* _Task prompt_: In the records below, find the line holding "safe = wake-Safe" and the line holding "pc' : ℕ → Thread". Set down both, with every line between them, exactly.

* _Material provided_:
=-=-=
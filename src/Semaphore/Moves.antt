-- ===== src/Semaphore/Moves.antt =====
-- src/semaphore.rs: every step of every thread keeps the invariant of the semaphore.
use atomics_for_peace_and_sy.Base.{
  Bool-cases, ℕ, ◌+◌, ◌≤◌, ◌<◌, ◌≡◌, refl, ◌≢◌, inl, inr, arith, ◌==◌,
}
use atomics_for_peace_and_sy.Threads.{
  System, update, sum_over, sum_over-update, le-sum_over, sum_over-le, sum_over_mono,
}
use atomics_for_peace_and_sy.Futex.{AtomicWait, silent, one, all, exec, deliver-keeps}
use atomics_for_peace_and_sy.Semaphore.{
  Next, Semaphore, u32_mod, Pc, outside, Thread, Choice, client, step, step_at, program,
}
use atomics_for_peace_and_sy.Semaphore.Inv.{
  taken_by, given_by, waiters, sleepers, alarms, Place, Safe, Alarmed, Inv, waiters-le_one,
  sleepers-le-waiters, wake-Safe, wake-Alarmed, nobody-Alarmed,
}

module _ (futex : AtomicWait) {n initial : ℕ} (few : n < u32_mod) where
  module _ {m : Semaphore} {pc : ℕ → Thread} (inv : Safe n initial m pc) (i : ℕ) (lt : i < n)
      (c : Choice) where
    open inv use {fits, counted, conserved, each}

    -- the step of thread `i` from place `p`
    abbrev after : Pc → Next
    after p = step_at futex c m (pc i) p

    -- the threads after it
    abbrev moved : Pc → ℕ → Thread
    moved p = update pc i (after p).1

    move-fits : (p : Pc) → (pc i).at ≡ p → (after p).0.count < u32_mod
    unfolding step_at client
    move-fits (outside last) e = ground arith
    move-fits p e = ground (arith, each i)

    waiters_fit : (f : ℕ → Thread) → sum_over waiters n f < u32_mod
    waiters_fit f = omega (arith, sum_over-le waiters waiters-le_one n f)

    move-counted : (p : Pc) → (pc i).at ≡ p → (after p).0.num_waiting ≡ sum_over waiters n (moved p)
    unfolding step_at client
    move-counted (outside last) e =
        ground (arith, counted, sum_over-update waiters n pc i (after (outside last)).1)
    move-counted p e = ground (
      arith,
      counted,
      waiters_fit pc,
      waiters_fit (moved p),
      le-sum_over waiters n pc i,
      sum_over-update waiters n pc i (after p).1,
    )

    move-conserved :
        (p : Pc)
        → (pc i).at ≡ p
        → initial + sum_over given_by n (moved p) < u32_mod
        → (after p).0.count + sum_over taken_by n (moved p)
          ≡ initial + sum_over given_by n (moved p)
    unfolding step_at client
    move-conserved (outside last) e small = ground (
      arith,
      conserved,
      sum_over-update given_by n pc i (after (outside last)).1,
      sum_over-update taken_by n pc i (after (outside last)).1,
    )
    move-conserved p e small = ground (
      arith,
      conserved,
      each i,
      sum_over-update given_by n pc i (after p).1,
      sum_over-update taken_by n pc i (after p).1,
    )

    move-each : (p : Pc) → (pc i).at ≡ p → Place ((after p).1.at)
    unfolding step_at client
    move-each (outside last) e = ground (arith, each i)
    move-each p e = ground (arith, each i)

    move-Safe : (p : Pc) → (pc i).at ≡ p → Safe n initial (after p).0 (moved p)
    move-Safe p e = record {
      fits = move-fits p e;
      counted = move-counted p e;
      conserved = move-conserved p e;
      each = λ j lj. elim (Bool-cases (i == j)) [
        | inl same ↦ rw same (move-each p e)
        | inr other ↦ rw other (each j lj)
      ];
    }

    -- A step that calls `wake_one` uses its alarm up; any other keeps enough of them.
    move-Alarmed :
        (p : Pc)
        → (pc i).at ≡ p
        → Alarmed n m pc
        → 0 < sum_over sleepers n (moved p)
        → ((after p).2 ≡ silent → (after p).0.count ≤ sum_over alarms n (moved p))
          × ((after p).0.count ≤ sum_over alarms n (moved p) + 1)
    unfolding step_at client
    move-Alarmed (outside last) e h z = ground (
      arith,
      h,
      sum_over-update sleepers n pc i (after (outside last)).1,
      sum_over-update alarms n pc i (after (outside last)).1,
    )
    move-Alarmed p e h z = ground (
      arith,
      h,
      counted,
      sum_over_mono sleepers waiters sleepers-le-waiters n pc,
      each i,
      futex.blocks_iff m.count 0,
      sum_over-update sleepers n pc i (after p).1,
      sum_over-update alarms n pc i (after p).1,
    )

    wake_atomic : (p : Pc) (a : ℕ) → ((after p).2 ≡ one a → a ≡ 0) × ((after p).2 ≢ all a)
    unfolding step_at client
    wake_atomic (outside last) a = ground arith
    wake_atomic p a = ground arith

  pub step-Inv :
      (s : System Semaphore Thread) (i : ℕ) (c : Choice) (k : ℕ)
      → i < n
      → Inv n initial s.mem s.pc
      → let t = exec futex (program futex) n s i c k in Inv n initial t.mem t.pc
  unfolding step
  step-Inv s i c k lt inv =
      deliver-keeps futex (program futex) n (Inv n initial m') pc' k (after inv.safe i lt c p).2
        (λ quiet. record { safe = safe'; alarmed = λ z. (alarmed' z).0 quiet })
        (λ a call nobody. record {
          safe = safe';
          alarmed =
              nobody-Alarmed n m' pc' (rw ((wake_atomic inv.safe i lt c p a).0 call) at nobody);
        })
        (λ a j call lj slept. record {
          safe = wake-Safe n initial m' pc' a j lj slept safe';
          alarmed = wake-Alarmed n initial m' pc' a j lj slept (λ z. (alarmed' z).1);
        })
        (λ a call. absurd ((wake_atomic inv.safe i lt c p a).1 call))
    where
      p : Pc
      p = (s.pc i).at

      m' : Semaphore
      m' = (after inv.safe i lt c p).0

      pc' : ℕ → Thread
      pc' = moved inv.safe i lt c p

      safe' : Safe n initial m' pc'
      safe' = move-Safe inv.safe i lt c p refl

      alarmed' :
          0 < sum_over sleepers n pc'
          → ((after inv.safe i lt c p).2 ≡ silent → m'.count ≤ sum_over alarms n pc')
            × (m'.count ≤ sum_over alarms n pc' + 1)
      alarmed' = move-Alarmed inv.safe i lt c p refl inv.alarmed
=-=-=
* _Reply to the task_:
          safe = wake-Safe n initial m' pc' a j lj slept safe';
          alarmed = wake-Alarmed n initial m' pc' a j lj slept (λ z. (alarmed' z).1);
        })
        (λ a call. absurd ((wake_atomic inv.safe i lt c p a).1 call))
    where
      p : Pc
      p = (s.pc i).at

      m' : Semaphore
      m' = (after inv.safe i lt c p).0

      pc' : ℕ → Thread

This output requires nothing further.